-- ===== src/Sockets/Manager/Core/Serves.antt =====
-- src/lib/socketbase.cpp: what serving a socket does to the bookkeeping of a manager: data that
-- comes or goes leaves it as it is, and an error or a timeout closes the socket.
use etwork.Common.{
  ℕ, ◌<◌, Bool, Option, none, some, List, [], ◌∷◌, ◌≡◌, refl, sym, ◌∙◌, ap, subst, ltb,
  if◌then◌else◌, All,
}
use etwork.Common.Map.{find}
use etwork.Common.Map.Order.{find_entries}
use etwork.Errors.{
  session, EtworkError, new_error, severity_code, note, area_code, option_code, peer_timeout,
}
use etwork.Errors.Wsa.{WsaError}
use etwork.Buffer.{put_message}
use etwork.Sockets.{
  Socket, Outcome, moved, would_block, failed, Received, received, nothing_yet, broken, do_read,
  do_write,
}
use etwork.Sockets.Manager.{
  Platform, SocketManager, Call, etwork_error_from, call, debug_sock_error, mark, set_connection,
  close_socket,
}
use etwork.Sockets.Manager.Connecting.{greet}
use etwork.Sockets.Manager.Datagrams.{touch, deliver, take_message, sent_to}
use etwork.Sockets.Manager.Service.{
  time_out, timeout_loop, timeout_sockets, recv_told, send_told, settle, do_except, except_asserts,
  do_read_of, do_write_of, is_idle, is_quiet,
}
use etwork.Sockets.Manager.View.{IsConsistent, view}
use etwork.Sockets.Manager.Core.{
  view_of, if_both, view-set_connection, Ends, Ends-then, core-mark, core-debug,
}
use etwork.Sockets.Manager.Core.Closes.{close_socket-IsConsistent, allocated-close_socket}
use etwork.Sockets.Manager.Core.Joins.{greet-view}

pub mark-view : (p : ℕ) (m : SocketManager) → view (mark p m) ≡ view m
mark-view p m = ap view_of (core-mark p m)

pub debug-view :
    (m : SocketManager) (sock : Option ℕ) (e : WsaError)
    → view (debug_sock_error m sock e session) ≡ view m
debug-view m sock e = ap view_of (core-debug m sock e session)

-- A connection's data, after it was marked.
marked-view :
    (p : ℕ) (socket : Socket) (m : SocketManager)
    → socket.closed ≡ (m.heap p).socket.closed
    → view (set_connection p socket (mark p m)) ≡ view m
marked-view p socket m o =
    view-set_connection p socket (mark p m)
      (o ∙ ap (λ c. (c.heap p).socket.closed) (sym (core-mark p m)))
    ∙ mark-view p m

pub touch-view : (p : ℕ) (m : SocketManager) → view (touch p m) ≡ view m
unfolding touch
touch-view p m =
    if_both (λ x. view x ≡ view m) (m.heap p).is_accepted _ m (marked-view p _ m refl) refl

delivered :
    (b : Option ℕ) (c : Call) (m : SocketManager)
    → view (elim b [ none ↦ call c m | some n ↦ m ]) ≡ view m
unfolding call
delivered none c m = refl
delivered (some n) c m = refl

pub deliver-view : (p : ℕ) (bytes : List ℕ) (m : SocketManager) → view (deliver p bytes m) ≡ view m
unfolding deliver
deliver-view p bytes m =
    delivered (put_message (m.heap p).socket.buf_in bytes).1 _ _ ∙ view-set_connection p _ m refl

pub take_message-view : (p : ℕ) (m : SocketManager) → view (take_message p m).0 ≡ view m
unfolding take_message
take_message-view p m = view-set_connection p _ m refl

pub sent_to-view : (p : ℕ) (m : SocketManager) → view (sent_to p m) ≡ view m
unfolding sent_to
sent_to-view p m = marked-view p _ m refl

recv_told-view :
    (p : ℕ) (r : Received) (e : WsaError) (m : SocketManager) → view (recv_told p r e m) ≡ view m
unfolding recv_told
recv_told-view p (received bytes) e m = refl
recv_told-view p nothing_yet e m = debug-view m (some p) e
recv_told-view p broken e m = debug-view m (some p) e

send_told-view :
    (p : ℕ) (o : Outcome) (e : WsaError) (m : SocketManager) → view (send_told p o e m) ≡ view m
unfolding send_told
send_told-view p (moved n) e m = refl
send_told-view p would_block e m = debug-view m (some p) e
send_told-view p failed e m = debug-view m (some p) e

-- A step of a connection, and the closing that may follow.
settled :
    (w : Platform) (p : ℕ) (s : Socket) (go_on : Bool) (m : SocketManager)
    → p < m.allocated
    → IsConsistent (view m)
    → IsConsistent (view (settle w p (s, go_on) m))
unfolding settle
settled w p s go_on m lt c =
    let kept = set_connection p (record s { closed = (m.heap p).socket.closed }) m in
    let same = view-set_connection p (record s { closed = (m.heap p).socket.closed }) m refl in
    let c' = subst IsConsistent (sym same) c in
    if_both (λ x. IsConsistent (view x)) s.closed (close_socket w p kept) kept
      (close_socket-IsConsistent w p kept (subst (λ v. p < v.allocated) (sym same) lt) c') c'

-- Consistent, with n sockets made so far.
abbrev pub IsKept : ℕ → SocketManager → Type 0
IsKept n m = IsConsistent (view m) × (m.allocated ≡ n)

pub same-IsKept : (n : ℕ) (x y : SocketManager) → view x ≡ view y → IsKept n y → IsKept n x
same-IsKept n x y e k = subst (λ v. IsConsistent v × (v.allocated ≡ n)) (sym e) k

close-IsKept :
    (w : Platform) (p n : ℕ) (m : SocketManager)
    → p < n
    → IsKept n m
    → IsKept n (close_socket w p m)
close-IsKept w p n m lt (c, e) =
    let lt' = subst (λ x. p < x) (sym e) lt in
    (close_socket-IsConsistent w p m lt' c, allocated-close_socket w p m lt' c ∙ e)

marked-IsKept :
    (b : Bool) (p n : ℕ) (m : SocketManager) → IsKept n m → IsKept n (if b then mark p m else m)
marked-IsKept b p n m k =
    if_both (IsKept n) b (mark p m) m (same-IsKept n (mark p m) m (mark-view p m) k) k

abbrev pub timeout_code : EtworkError
timeout_code = new_error (severity_code note) (area_code session) (option_code peer_timeout)

time_out-IsKept :
    (w : Platform) (p n : ℕ) (m : SocketManager) → p < n → IsKept n m → IsKept n (time_out w p m)
unfolding time_out call
time_out-IsKept w p n m lt k =
    let m' : SocketManager = record m {
      calls = etwork_error_from (some p) timeout_code ∷ m.calls;
    } in
    marked-IsKept _ p n (close_socket w p m') (close-IsKept w p n m' lt k)

timeout_loop-IsKept :
    (w : Platform) (n : ℕ) (entries : List (ℕ × ℕ)) (m : SocketManager)
    → All (λ e. e.1 < n) entries
    → IsKept n m
    → IsKept n (timeout_loop w entries m)
unfolding timeout_loop
timeout_loop-IsKept w n [] m lts k = k
timeout_loop-IsKept w n ((s, p) ∷ rest) m (lt, lts) k = timeout_loop-IsKept w n rest _ lts (
    if_both (IsKept n) (is_idle m p) _ _ (time_out-IsKept w p n m lt k)
      (if_both (IsKept n) (is_quiet m p) _ _ (same-IsKept n (greet p m) m (greet-view p m) k) k))

All-map :
    {A : Type 0} (P Q : A → Type 0) → ((a : A) → P a → Q a) → (xs : List A) → All P xs → All Q xs
All-map P Q h [] a = tt
All-map P Q h (x ∷ xs) (a, as') = (h x a, All-map P Q h xs as')

pub timeout_sockets-IsConsistent :
    (w : Platform) (m : SocketManager)
    → IsConsistent (view m)
    → IsConsistent (view (timeout_sockets w m))
unfolding timeout_sockets
timeout_sockets-IsConsistent w m c =
    (timeout_loop-IsKept w m.allocated m.sockets m
      (All-map (λ e. find ltb e.0 m.sockets ≡ some e.1) (λ e. e.1 < m.allocated)
        (λ e f. (c.registered e.0 e.1 f).0) m.sockets (find_entries m.sockets c.sockets_sorted))
      (c, refl)).0

pub do_read_of-IsConsistent :
    (w : Platform) (p : ℕ) (r : Received) (e : WsaError) (m : SocketManager)
    → p < m.allocated
    → IsConsistent (view m)
    → Ends (λ t. IsConsistent (view t.0)) (do_read_of w p r e m)
unfolding do_read_of
do_read_of-IsConsistent w p r e m lt c =
    let same = recv_told-view p r e m in
    Ends-then (λ t. IsConsistent (view t.0)) (do_read w.debug_build m.cur_time (m.heap p).socket r)
      (λ t. (settle w p t (recv_told p r e m), t.1))
      (λ t.
        settled w p t.0 t.1 (recv_told p r e m) (subst (λ v. p < v.allocated) (sym same) lt)
          (subst IsConsistent (sym same) c))

pub do_write_of-IsConsistent :
    (w : Platform) (p : ℕ) (o : Outcome) (e : WsaError) (m : SocketManager)
    → p < m.allocated
    → IsConsistent (view m)
    → Ends (λ t. IsConsistent (view t.0)) (do_write_of w p o e m)
unfolding do_write_of
do_write_of-IsConsistent w p o e m lt c =
    let same = send_told-view p o e m in
    Ends-then (λ t. IsConsistent (view t.0)) (do_write m.cur_time (m.heap p).socket o)
      (λ t. (settle w p t (send_told p o e m), t.1))
      (λ t.
        settled w p t.0 t.1 (send_told p o e m) (subst (λ v. p < v.allocated) (sym same) lt)
          (subst IsConsistent (sym same) c))

except_asserts-view : (m : SocketManager) → view (except_asserts m) ≡ view m
unfolding except_asserts call
except_asserts-view m = if_both (λ x. view x ≡ view m) m.settings.reliable m _ refl refl

pub do_except-IsConsistent :
    (w : Platform) (p : ℕ) (o : Option WsaError) (e : WsaError) (m : SocketManager)
    → p < m.allocated
    → IsConsistent (view m)
    → IsConsistent (view (do_except w p o e m).0)
unfolding do_except
do_except-IsConsistent w p none e m lt c =
    subst IsConsistent (sym (debug-view (except_asserts m) (some p) e ∙ except_asserts-view m)) c
do_except-IsConsistent w p (some e') e m lt c =
    let same = debug-view (except_asserts m) (some p) e' ∙ except_asserts-view m in
    close_socket-IsConsistent w p _ (subst (λ v. p < v.allocated) (sym same) lt)
      (subst IsConsistent (sym same) c)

####################

Retype exactly, and only, the lines above from the one where "(w : Platform) (p : ℕ) (s" occurs up to and including the one where "(close_socket-IsConsistent w p kept" occurs.

    (w : Platform) (p : ℕ) (s : Socket) (go_on : Bool) (m : SocketManager)
    → p < m.allocated
    → IsConsistent (view m)
    → IsConsistent (view (settle w p (s, go_on) m))
unfolding settle
settled w p s go_on m lt c =
    let kept = set_connection p (record s { closed = (m.heap p).socket.closed }) m in
    let same = view-set_connection p (record s { closed = (m.heap p).socket.closed }) m refl in
    let c' = subst IsConsistent (sym same) c in
    if_both (λ x. IsConsistent (view x)) s.closed (close_socket w p kept) kept
      (close_socket-IsConsistent w p kept (subst (λ v. p < v.allocated) (sym same) lt) c') c'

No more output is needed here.